I grew up a small boat lake sailor (sunfishes, catamarans, sea-scows) and now have the very good fortune to live along the coast of Maine. For the first few summers here I sailed a Precision-15cb in the New Meadows River (an inland portion of Casco Bay, mostly channel-bay sailing).

This year I upgraded to a Cape Dory Typhoon (18', full keeled, fractional rig, Alberg design) and have had many great sails both in protected waters and outside, sailing as far as Boothbay to the east and Chebeague Is. to the West. A few times I had the Ty out in strong winds when few others were sailing - but she handled 22-24 knot winds and 5-6' seas just fine with a reefed main and working jib.

I want to keep migrating upward, hoping to eventually own a coastal cruiser in the 24-36' range, and wanted this forum's advice on my choice of boat. My realistic goals and needs are:

1. Type of sailing: Hoping for 20 or so days of daysailing from a mooring each summer and 1-2 weeks of cruising along coast of Maine. Thus, I don't need or want a true bluewater boat, but someday hope to cross the Gulf of Maine to Nova Scotia and Newfoundland.

2. Local Sailing Conditions: Is there such a thing as a cross-over boat, ie one that that can both point and move along fast enough to get out the 10 or so miles of usually upwind channel sailing to more open and fun water in a reasonable time and, at the same time, sail pretty stiff and safe in Maine's winds (10-30 knots) and seas (up to 7-8').

4. Crew: I tend to single-hand, or my 11 yr old daughters will come with. The girls and I really enjoy the Typhoon; we love being down close to the water and the quick response and feel of a small boat. On the other hand, to family overnight and to get my wife aboard I think we have to get above 24' .

5. Price: I could likely spend up to $25k. That may not sound like much, but Craigslist Maine constantly has a wide range of used boats in the $7-16k range, which would leave me room for improvements as necessary.

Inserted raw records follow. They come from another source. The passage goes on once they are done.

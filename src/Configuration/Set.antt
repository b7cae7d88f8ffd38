-- ===== src/Configuration/Set.antt =====
-- `std::set<PeerId>` as the list of its elements in order.
use quorumkit.Prelude.{
  ◌≡◌, refl, inl, inr, Bool, true, false, not, ◌&&◌, ◌||◌, List, [], ◌∷◌, if◌then◌else◌, arith,
  Bool-cases,
}
use quorumkit.Peer.{PeerOrder}
use quorumkit.Peer.Order.{peer_eq_sym, eq_of_eq_left, peer_lt_asymm}

module _ {P : Type 0} ⦃o : PeerOrder P⦄ where
  unfoldable pub find : P → List P → Bool
  find p [] = false
  find p (x ∷ xs) = if o.peer_lt x p then find p xs else not (o.peer_lt p x)

  -- An element that is there already is kept.
  unfoldable pub insert : P → List P → List P
  insert p [] = p ∷ []
  insert p (x ∷ xs) =
      if o.peer_lt x p then x ∷ insert p xs else if o.peer_lt p x then p ∷ x ∷ xs else x ∷ xs

  unfoldable pub erase : P → List P → List P
  erase p [] = []
  erase p (x ∷ xs) = if o.peer_lt x p then x ∷ erase p xs else if o.peer_lt p x then x ∷ xs else xs

  -- Membership up to `operator==`, by a plain scan.
  abbrev pub member : P → List P → Bool
  member p [] = false
  member p (x ∷ xs) = o.peer_eq x p || member p xs

  abbrev pub Above : P → List P → Type 0
  Above p [] = Unit
  Above p (x ∷ xs) = (o.peer_lt p x ≡ true) × Above p xs

  -- The elements rise strictly.
  abbrev pub IsSorted : List P → Type 0
  IsSorted [] = Unit
  IsSorted (x ∷ xs) = Above x xs × IsSorted xs

  -- No two elements are equal.
  abbrev pub Apart : P → List P → Type 0
  Apart p [] = Unit
  Apart p (x ∷ xs) = (o.peer_eq x p ≡ false) × Apart p xs

  abbrev pub IsDistinct : List P → Type 0
  IsDistinct [] = Unit
  IsDistinct (x ∷ xs) = Apart x xs × IsDistinct xs

  pub Above-trans : (p q : P) (xs : List P) → o.peer_lt p q ≡ true → Above q xs → Above p xs
  Above-trans p q [] h a = tt
  Above-trans p q (x ∷ xs) h a = (o.lt_trans p q x h a.0, Above-trans p q xs h a.1)

  pub Above-Apart : (p : P) (xs : List P) → Above p xs → Apart p xs
  Above-Apart p [] a = tt
  Above-Apart p (x ∷ xs) a = (ground (arith, o.eq_lt x p), Above-Apart p xs a.1)

  pub Apart-member : (p : P) (xs : List P) → Apart p xs → member p xs ≡ false
  Apart-member p [] a = refl
  Apart-member p (x ∷ xs) a = ground (arith, Apart-member p xs a.1)

  pub IsSorted-IsDistinct : (xs : List P) → IsSorted xs → IsDistinct xs
  IsSorted-IsDistinct [] s = tt
  IsSorted-IsDistinct (x ∷ xs) s = (Above-Apart x xs s.0, IsSorted-IsDistinct xs s.1)

  pub member-Above : (p : P) (xs : List P) → Above p xs → member p xs ≡ false
  member-Above p xs a = Apart-member p xs (Above-Apart p xs a)

  pub member-eq : (p q : P) (xs : List P) → o.peer_eq p q ≡ true → member p xs ≡ member q xs
  member-eq p q [] h = refl
  member-eq p q (x ∷ xs) h =
      ground (arith, member-eq p q xs h, peer_eq_sym x p, peer_eq_sym x q, eq_of_eq_left p q x h)

  -- `find` stops early, and still answers membership.
  pub find-member : (p : P) (xs : List P) → IsSorted xs → find p xs ≡ member p xs
  unfolding find
  find-member p [] s = refl
  find-member p (x ∷ xs) s = elim (Bool-cases (o.peer_lt p x)) [
    | inl h ↦
        ground
          (arith, o.eq_lt x p, peer_lt_asymm p x h, member-Above p xs (Above-trans p x xs h s.0))
    | inr h ↦ ground (arith, find-member p xs s.1, o.eq_lt x p)
  ]

  insert-Above : (q p : P) (xs : List P) → o.peer_lt q p ≡ true → Above q xs → Above q (insert p xs)
  unfolding insert
  insert-Above q p [] h a = (h, tt)
  insert-Above q p (x ∷ xs) h a = ground (arith, insert-Above q p xs h a.1)

  pub insert-IsSorted : (p : P) (xs : List P) → IsSorted xs → IsSorted (insert p xs)
  unfolding insert
  insert-IsSorted p [] s = (tt, tt)
  insert-IsSorted p (x ∷ xs) s =
      ground (arith, insert-IsSorted p xs s.1, insert-Above x p xs, Above-trans p x xs)

  erase-Above : (q p : P) (xs : List P) → Above q xs → Above q (erase p xs)
  unfolding erase
  erase-Above q p [] a = tt
  erase-Above q p (x ∷ xs) a = ground (arith, erase-Above q p xs a.1)

  pub erase-IsSorted : (p : P) (xs : List P) → IsSorted xs → IsSorted (erase p xs)
  unfolding erase
  erase-IsSorted p [] s = tt
  erase-IsSorted p (x ∷ xs) s = ground (arith, erase-IsSorted p xs s.1, erase-Above x p xs s.0)

  pub member-insert :
      (q p : P) (xs : List P) → member q (insert p xs) ≡ (o.peer_eq p q || member q xs)
  unfolding insert
  member-insert q p [] = refl
  member-insert q p (x ∷ xs) =
      ground (arith, member-insert q p xs, o.eq_lt x p, eq_of_eq_left x p q)

  pub member-erase :
      (q p : P) (xs : List P)
      → IsSorted xs
      → member q (erase p xs) ≡ (not (o.peer_eq p q) && member q xs)
  unfolding erase
  member-erase q p [] s = ground arith
  member-erase q p (x ∷ xs) s = ground (
    arith,
    member-erase q p xs s.1,
    o.eq_lt x p,
    o.eq_lt p q,
    o.eq_lt x q,
    eq_of_eq_left x p q,
    member-eq x q xs,
    member-Above x xs s.0,
    peer_eq_sym x q,
    o.lt_trans x p q,
    Above-trans p x xs,
    member-Above p xs,
    member-eq p q xs,
    eq_of_eq_left p q x,
    peer_eq_sym x p,
    peer_eq_sym p q,
  )
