-- ===== src/Configuration.antt =====
-- src/braft/configuration.h and configuration.cpp: a `Configuration` is a `std::set<PeerId>`. The
-- set is the list of its elements in the order of `operator<`, and its `insert`, `erase` and `find`
-- compare by that operator alone, as `std::set` does.
pub mod Set
pub mod Laws
pub mod Equals
use quorumkit.Prelude.{ℕ, Bool, true, false, not, ◌&&◌, List, [], ◌∷◌, ◌==◌, if◌then◌else◌, length}
use quorumkit.Peer.{PeerOrder}
use Set.{find, insert, erase}

module _ {P : Type 0} ⦃o : PeerOrder P⦄ where
  -- `Configuration(const std::vector<PeerId>&)` and `operator=`: insert in the order of the vector.
  pub insert_all : List P → List P → List P
  insert_all peers [] = peers
  insert_all peers (p ∷ ps) = insert_all (insert p peers) ps

  unfoldable pub of_vector : List P → List P
  unfolding insert_all
  of_vector ps = insert_all [] ps

  -- The set after the call, and whether the peer is newly added.
  unfoldable pub add_peer : List P → P → List P × Bool
  add_peer peers p = (insert p peers, not (find p peers))

  -- The set after the call, and whether the peer is removed.
  unfoldable pub remove_peer : List P → P → List P × Bool
  remove_peer peers p = (erase p peers, find p peers)

  unfoldable pub contains : List P → P → Bool
  contains peers p = find p peers

  -- `contains(const std::vector<PeerId>&)`, and the loop of `equals`.
  unfoldable pub contains_all : List P → List P → Bool
  contains_all peers [] = true
  contains_all peers (p ∷ ps) = find p peers && contains_all peers ps

  -- `equals(const std::vector<PeerId>&)`
  unfoldable pub equals_vector : List P → List P → Bool
  unfolding contains_all of_vector
  equals_vector peers ps = contains_all peers ps && length (of_vector ps) == length peers

  -- `equals(const Configuration&)`
  unfoldable pub equals : List P → List P → Bool
  unfolding contains_all
  equals peers rhs = if length peers == length rhs then contains_all rhs peers else false

  pub erase_all : List P → List P → List P
  erase_all peers [] = peers
  erase_all peers (p ∷ ps) = erase_all (erase p peers) ps

  -- `included` and `excluded`
  unfoldable pub diffs : List P → List P → List P × List P
  unfolding erase_all
  diffs peers rhs = (erase_all peers rhs, erase_all rhs peers)

  -- `append_peers` inserts the range in order.
  unfoldable pub append_peers : List P → List P → List P
  unfolding insert_all
  append_peers into peers = insert_all into peers
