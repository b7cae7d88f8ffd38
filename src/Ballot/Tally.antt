-- ===== src/Ballot/Tally.antt =====
-- The two lists of a ballot as a tally: which members of the configuration some vote names, and how
-- far they are from a majority.
use quorumkit.Prelude.{
  ℕ, zero, suc, ◌+◌, ◌/◌, ◌≡◌, refl, sym, ap, ◌∙◌, inl, inr, Bool, true, false, List, [], ◌∷◌, map,
  Option, none, some, if◌then◌else◌, length, get_elem?, ℤ, pos, negsuc, sub_ℕ, dec-sub_ℕ, arith,
  Bool-cases,
}
use quorumkit.Peer.{PeerOrder}
use quorumkit.Peer.Order.{peer_eq_sym, eq_of_eq_left}
use quorumkit.Configuration.Set.{member, Apart, IsDistinct}
use quorumkit.Ballot.{
  UnfoundPeerId, unfound, found_at, set_found, bump, scan, hinted, find_peer, grant_at, grant_group,
}

module _ {P : Type 0} ⦃o : PeerOrder P⦄ where
  -- Some vote of `gs` names `p`.
  abbrev pub voted : List P → P → Bool
  voted gs p = member p gs

  abbrev pub tally : List P → List P → List (UnfoundPeerId P)
  tally gs [] = []
  tally gs (p ∷ conf) = record { peer_id = p; found = voted gs p } ∷ tally gs conf

  -- How many members of the configuration have voted.
  abbrev pub votes : List P → List P → ℕ
  votes gs [] = 0
  votes gs (p ∷ conf) = if voted gs p then suc (votes gs conf) else votes gs conf

  pub tally-nil : (conf : List P) → map unfound conf ≡ tally [] conf
  tally-nil [] = refl
  tally-nil (p ∷ conf) = ap (◌∷◌ (unfound p)) (tally-nil conf)

  pub votes-nil : (conf : List P) → votes [] conf ≡ 0
  votes-nil [] = refl
  votes-nil (p ∷ conf) = votes-nil conf

  tally-absent : (g : P) (gs conf : List P) → Apart g conf → tally (g ∷ gs) conf ≡ tally gs conf
  tally-absent g gs [] a = refl
  tally-absent g gs (p ∷ conf) a = ground (arith, peer_eq_sym g p, tally-absent g gs conf a.1)

  votes-absent : (g : P) (gs conf : List P) → Apart g conf → votes (g ∷ gs) conf ≡ votes gs conf
  votes-absent g gs [] a = refl
  votes-absent g gs (p ∷ conf) a = ground (arith, peer_eq_sym g p, votes-absent g gs conf a.1)

  Apart-eq : (p g : P) (conf : List P) → o.peer_eq p g ≡ true → Apart p conf → Apart g conf
  Apart-eq p g [] h a = tt
  Apart-eq p g (x ∷ conf) h a = (
    ground (arith, peer_eq_sym x p, peer_eq_sym x g, eq_of_eq_left p g x h),
    Apart-eq p g conf h a.1,
  )

  -- Recording a vote for the member that the scan finds.
  abbrev Scanned : P → List P → List P → Option ℕ → Type 0
  Scanned g gs conf none =
      (tally (g ∷ gs) conf ≡ tally gs conf) × (votes (g ∷ gs) conf ≡ votes gs conf)
  Scanned g gs conf (some i) =
      (set_found (tally gs conf) i ≡ tally (g ∷ gs) conf)
      × (votes (g ∷ gs) conf
          ≡ (if found_at (tally gs conf) i then votes gs conf else suc (votes gs conf)))

  Scanned-here :
      (g : P) (gs : List P) (p : P) (conf : List P)
      → o.peer_eq p g ≡ true
      → Apart p conf
      → Scanned g gs (p ∷ conf) (some zero)
  unfolding set_found found_at
  Scanned-here g gs p conf h a = (
    ground (arith, peer_eq_sym p g, tally-absent g gs conf (Apart-eq p g conf h a)),
    ground (arith, peer_eq_sym p g, votes-absent g gs conf (Apart-eq p g conf h a)),
  )

  Scanned-there :
      (g : P) (gs : List P) (p : P) (conf : List P) (r : Option ℕ)
      → o.peer_eq p g ≡ false
      → Scanned g gs conf r
      → Scanned g gs (p ∷ conf) (bump r)
  unfolding set_found found_at
  Scanned-there g gs p conf none h s =
      (ground (arith, peer_eq_sym p g), ground (arith, peer_eq_sym p g))
  Scanned-there g gs p conf (some i) h s =
      (ground (arith, peer_eq_sym p g), ground (arith, peer_eq_sym p g))

  pub scan-Scanned :
      (g : P) (gs conf : List P) → IsDistinct conf → Scanned g gs conf (scan g (tally gs conf))
  unfolding scan
  scan-Scanned g gs [] d = (refl, refl)
  scan-Scanned g gs (p ∷ conf) d = elim (Bool-cases (o.peer_eq p g)) [
    | inl e ↦ rw (e, scan) (Scanned-here g gs p conf e d.0)
    | inr e ↦ rw (e, scan) (Scanned-there g gs p conf _ e (scan-Scanned g gs conf d.1))
  ]

  -- A peer that the list has at the hinted position is the one that a scan finds.
  scan-Apart :
      (g p : P) (gs conf : List P) (i : ℕ)
      → Apart p conf
      → o.peer_eq p g ≡ true
      → hinted g (get_elem? (tally gs conf) i) ≡ false
  unfolding hinted
  scan-Apart g p gs [] i a e = refl
  scan-Apart g p gs (x ∷ conf) zero a e =
      ground (arith, peer_eq_sym x p, peer_eq_sym x g, eq_of_eq_left p g x e)
  scan-Apart g p gs (x ∷ conf) (suc i) a e = scan-Apart g p gs conf i a.1 e

  scan-hinted :
      (g : P) (gs conf : List P) (i : ℕ)
      → IsDistinct conf
      → hinted g (get_elem? (tally gs conf) i) ≡ true
      → scan g (tally gs conf) ≡ some i
  unfolding scan hinted
  scan-hinted g gs [] i d h = cc
  scan-hinted g gs (p ∷ conf) zero d h = rw h
  scan-hinted g gs (p ∷ conf) (suc i) d h =
      ground (arith, scan-hinted g gs conf i d.1, scan-Apart g p gs conf i d.0)

  -- The hint saves the scan and changes nothing.
  pub find_peer-eq-scan :
      (g : P) (gs conf : List P) (hint : ℤ)
      → IsDistinct conf
      → find_peer g (tally gs conf) hint ≡ scan g (tally gs conf)
  unfolding find_peer
  find_peer-eq-scan g gs conf (negsuc n) d = refl
  find_peer-eq-scan g gs conf (pos i) d = ground (arith, scan-hinted g gs conf i d)

  -- How far a group is from its majority.
  abbrev pub lacking : List P → List P → ℤ
  lacking gs conf = sub_ℕ (length conf / 2 + 1) (votes gs conf)

  set_found_self :
      (us : List (UnfoundPeerId P)) (i : ℕ) → found_at us i ≡ true → set_found us i ≡ us
  unfolding set_found found_at
  set_found_self [] i e = refl
  set_found_self (u ∷ us) zero e = ground arith
  set_found_self (u ∷ us) (suc i) e = ap (◌∷◌ u) (set_found_self us i e)

  grant_at-tally :
      (g : P) (gs conf : List P) (r : Option ℕ)
      → Scanned g gs conf r
      → ((grant_at (tally gs conf) (lacking gs conf) r).0 ≡ tally (g ∷ gs) conf)
        × ((grant_at (tally gs conf) (lacking gs conf) r).1 ≡ lacking (g ∷ gs) conf)
  unfolding grant_at
  grant_at-tally g gs conf none s = (sym s.0, ap (sub_ℕ (length conf / 2 + 1)) (sym s.1))
  grant_at-tally g gs conf (some i) s = elim (Bool-cases (found_at (tally gs conf) i)) [
    | inl e ↦
        rw (e, grant_at)
          (
            sym (set_found_self (tally gs conf) i e) ∙ s.0,
            sym (ap (sub_ℕ (length conf / 2 + 1)) (rw e at (s.1))),
          )
    | inr e ↦
        rw (e, grant_at)
          (s.0, ground (arith, rw e at (s.1), dec-sub_ℕ (length conf / 2 + 1) (votes gs conf)))
  ]

  -- One group takes one vote.
  pub grant_group-tally :
      (g : P) (hint : ℤ) (gs conf : List P)
      → IsDistinct conf
      → ((grant_group g hint (tally gs conf) (lacking gs conf)).0 ≡ tally (g ∷ gs) conf)
        × ((grant_group g hint (tally gs conf) (lacking gs conf)).1 ≡ lacking (g ∷ gs) conf)
  unfolding grant_group
  grant_group-tally g hint gs conf d =
      rw (find_peer-eq-scan g gs conf hint d)
        (grant_at-tally g gs conf _ (scan-Scanned g gs conf d))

6. Choices: My plan is to seek opportunities to sail aboard many different boats, keeping track of what I like and not. Right now my list of favorite possible models to try out (keeping my price limit in mind) is pretty concentrated on the heavy, stiff boats you see so often up here and which are more affordable given their age, such as the Cape Dory 25D or the 30-cutter, Bristol Corsair 24 or the Bristol 29.9, the (East Coast) Triton, and the Alberg 29 (my fav but newer & more expensive).

I am tending to rule out the O-days, Paceships, MacGregors, C&C etc. because when they get old they seem to be really beat up.

So my question for this group are:

A) Pro's and Con's of the boats on my watch/try list, and

B) Boats I should add to the list. I am particularly ignorant regarding post-84 models (ie after-Alberg).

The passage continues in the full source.